Where a line of the entries holds the string "false", copy that line.

**TASK INPUT**
- - - - - - -
-- ===== src/Collect/State/Rollback.antt =====
-- internal/collect/state.go: what a failed save leaves, and what a successful one writes.
use mathlib.Core.Path.{fun_ext}
use Prim.Native.String.{◌++◌ as append}
use omni_token.Prelude.{
  ℕ, String, Bool, true, false, Option, none, some, ◌≡◌, ◌⊎◌, refl, ap, inl, inr, arith,
  Option-cases, Bool-cases, eq_iff, ltb, is_some, if◌then◌else◌,
}
use omni_token.Collect.State.{
  Map, put, remove, InFlightScan, State, holds, Process, saved, restored, put_back, put_chunks,
  restored_chunks, reset_offsets, begin_scan, mark_scan, mark_delivery_done, discard_scan, commit,
  StateCall, reset_call, begin_call, mark_call, discard_call, commit_call, repo_call, run_call,
  repo_for,
}

module _ {V : Type 0} (file : String) (m : Map V) where
  restored-put : (v : V) → restored file (m file) (put file v m) ≡ m
  restored-put v = elim (Option-cases (m file)) [
    | inl absent ↦ rw absent (fun_ext λ k. ground (arith, eq_iff k file, absent))
    | inr (old, present) ↦ rw present (fun_ext λ k. ground (arith, eq_iff k file, present))
  ]

  put_back-remove : put_back file (m file) (remove file m) ≡ m
  put_back-remove = elim (Option-cases (m file)) [
    | inl absent ↦ rw absent (fun_ext λ k. ground (arith, eq_iff k file, absent))
    | inr (old, present) ↦ rw present (fun_ext λ k. ground (arith, eq_iff k file, present))
  ]

  remove-put : (v : V) → m file ≡ none → remove file (put file v m) ≡ m
  remove-put v absent = fun_ext λ k. ground (arith, eq_iff k file, absent)

  put-put : (v w : V) → m file ≡ some v → put file v (put file w m) ≡ m
  put-put v w present = fun_ext λ k. ground (arith, eq_iff k file, present)

restored_chunks-put :
    (file : String) (c : Option (ℕ → Option String)) (m : Map (ℕ → Option String))
    → restored_chunks file c (m file) (put_chunks file c m) ≡ m
restored_chunks-put file none m = refl
restored_chunks-put file (some c) m = restored-put file m c

restored-if :
    (b : Bool) (file : String) (n : ℕ) (m : Map ℕ)
    → restored file (m file) (if b then put file n m else m) ≡ m
restored-if true file n m = restored-put file m n
restored-if false file n m = elim (Option-cases (m file)) [
  | inl absent ↦ rw absent (fun_ext λ k. ground (arith, eq_iff k file, absent))
  | inr (old, present) ↦ rw present (fun_ext λ k. ground (arith, eq_iff k file, present))
]

-- A call that fails has changed neither the memory nor the file. One that succeeds has changed
-- nothing, or the file holds what is in the memory.
abbrev pub Rolled : Process → Process × Bool → Type 0
Rolled p (p', false) = (p'.memory ≡ p.memory) × (p'.disk ≡ p.disk)
Rolled p (p', true) = (p' ≡ p) ⊎ (p'.disk ≡ holds p'.memory)

saved-Rolled :
    (b : Bool) (new old : State) (p : Process) → old ≡ p.memory → Rolled p (saved b new old p)
saved-Rolled true new old p h = inr refl
saved-Rolled false new old p h = (h, refl)

if-Rolled :
    (b : Bool) (p : Process) (tried : Process × Bool)
    → (b ≡ false → Rolled p tried)
    → Rolled p (if b then (p, true) else tried)
if-Rolled true p tried h = inl refl
if-Rolled false p tried h = h refl

unless-Rolled :
    (b : Bool) (p : Process) (tried : Process × Bool)
    → Rolled p tried
    → Rolled p (if b then tried else (p, true))
unless-Rolled true p tried h = h
unless-Rolled false p tried h = inl refl

is_some-none : {V : Type 0} (o : Option V) → is_some o ≡ false → o ≡ none
is_some-none none h = refl
is_some-none (some v) h = cc

module _ (save_ok : ℕ → Bool) where
  pub reset_offsets-Rolled : (p : Process) → Rolled p (reset_offsets save_ok p)
  unfolding reset_offsets
  reset_offsets-Rolled p = saved-Rolled (save_ok p.saves) _ _ p refl

  pub begin_scan-Rolled :
      (file : String) (start end turn_start : ℕ) (p : Process)
      → Rolled p (begin_scan save_ok file start end turn_start p)
  unfolding begin_scan
  begin_scan-Rolled file start end turn_start p =
      if-Rolled (is_some (p.memory.in_flight file)) p _ (λ absent.
        saved-Rolled (save_ok p.saves) _ _ p (
          ap (λ m. record p.memory { in_flight = m })
            (remove-put file p.memory.in_flight _ (is_some-none _ absent))))

  pub mark_delivery_done-Rolled :
      (file key : String) (p : Process) → Rolled p (mark_delivery_done save_ok file key p)
  unfolding mark_delivery_done
  mark_delivery_done-Rolled file key p = marked (p.memory.in_flight file) refl
    where
      marked :
          (scan : Option InFlightScan)
          → p.memory.in_flight file ≡ scan
          → Rolled p (mark_scan save_ok file key scan p)
      marked none absent = (refl, refl)
      marked (some scan) present = if-Rolled (scan.delivered key) p _ (λ fresh.
          saved-Rolled (save_ok p.saves) _ _ p (
            ap (λ m. record p.memory { in_flight = m })
              (put-put file p.memory.in_flight scan _ present)))

  pub discard_scan-Rolled : (file : String) (p : Process) → Rolled p (discard_scan save_ok file p)
  unfolding discard_scan
  discard_scan-Rolled file p = unless-Rolled _ p _ (
      saved-Rolled (save_ok p.saves) _ _ p (λ i. record p.memory {
        in_flight = put_back-remove file p.memory.in_flight i;
        chunks = put_back-remove file p.memory.chunks i;
      }))

  pub commit-Rolled :
      (file : String) (offset turn_start : ℕ) (chunks : Option (ℕ → Option String)) (p : Process)
      → Rolled p (commit save_ok file offset turn_start chunks p)
  unfolding commit
  commit-Rolled file offset turn_start chunks p = saved-Rolled (save_ok p.saves) _ _ p (λ i.
      record p.memory {
        files = restored-put file p.memory.files offset i;
        turn_start = restored-if (ltb 0 turn_start) file turn_start p.memory.turn_start i;
        in_flight = put_back-remove file p.memory.in_flight i;
        chunks = restored_chunks-put file chunks p.memory.chunks i;
      })

  -- The call for a repository ends with the one answer cached, whether or not it could be saved:
  -- nothing else of the memory has changed, and the file holds the memory or is as it was.
  abbrev pub CachesAlone : String → String → (String → String) → Process → Process → Type 0
  CachesAlone device cwd resolve p p' =
      let key = append device (append "|" cwd) in
      ((p' ≡ p) × (is_some (p.memory.repo_by_cwd key) ≡ true))
      ⊎ ((p.memory.repo_by_cwd key ≡ none)
          × (p'.memory
              ≡ record p.memory { repo_by_cwd = put key (resolve cwd) p.memory.repo_by_cwd })
          × (if save_ok p.saves then p'.disk ≡ holds p'.memory else p'.disk ≡ p.disk))

  repo_for-CachesAlone :
      (device cwd : String) (resolve : String → String) (p : Process)
      → CachesAlone device cwd resolve p (repo_for save_ok device cwd resolve p).0
  unfolding repo_for
  repo_for-CachesAlone device cwd resolve p =
      elim (Option-cases (p.memory.repo_by_cwd (append device (append "|" cwd)))) [
        | inl absent ↦ elim (Bool-cases (save_ok p.saves)) [
          | inl saves ↦ rw (absent, saves) (inr (refl, refl, refl))
          | inr fails ↦ rw (absent, fails) (inr (refl, refl, refl))
        ]
        | inr (repo, cached) ↦ rw cached (inl (refl, refl))
      ]

  abbrev pub Settled : StateCall → Process → Process × Bool → Type 0
  Settled (repo_call device cwd resolve) p (p', no_error) = CachesAlone device cwd resolve p p'
  Settled _ p r = Rolled p r

  -- If a call returns an error, neither the memory nor the file has changed. If one that can return
  -- an error does not, it has changed nothing at all, or the file holds exactly what is in the
  -- memory. RepoFor, which ignores a failed save, changes nothing if it has the repository cached;
  -- else it adds the resolved one to the memory and nothing more, and the file holds the memory if
  -- the save succeeds and is as it was if not.
  pub run_call-Settled : (c : StateCall) (p : Process) → Settled c p (run_call save_ok c p)
  unfolding run_call
  run_call-Settled reset_call p = reset_offsets-Rolled p
  run_call-Settled (begin_call file start end turn_start) p =
      begin_scan-Rolled file start end turn_start p
  run_call-Settled (mark_call file key) p = mark_delivery_done-Rolled file key p
  run_call-Settled (discard_call file) p = discard_scan-Rolled file p
  run_call-Settled (commit_call file offset turn_start chunks) p =
      commit-Rolled file offset turn_start chunks p
  run_call-Settled (repo_call device cwd resolve) p = repo_for-CachesAlone device cwd resolve p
- - - - - - -
**ANSWER SPACE**
  ℕ, String, Bool, true, false, Option, none, some, ◌≡◌, ◌⊎◌, refl, ap, inl, inr, arith,
restored-if false file n m = elim (Option-cases (m file)) [
Rolled p (p', false) = (p'.memory ≡ p.memory) × (p'.disk ≡ p.disk)
saved-Rolled false new old p h = (h, refl)
    → (b ≡ false → Rolled p tried)
if-Rolled false p tried h = h refl
unless-Rolled false p tried h = inl refl
is_some-none : {V : Type 0} (o : Option V) → is_some o ≡ false → o ≡ none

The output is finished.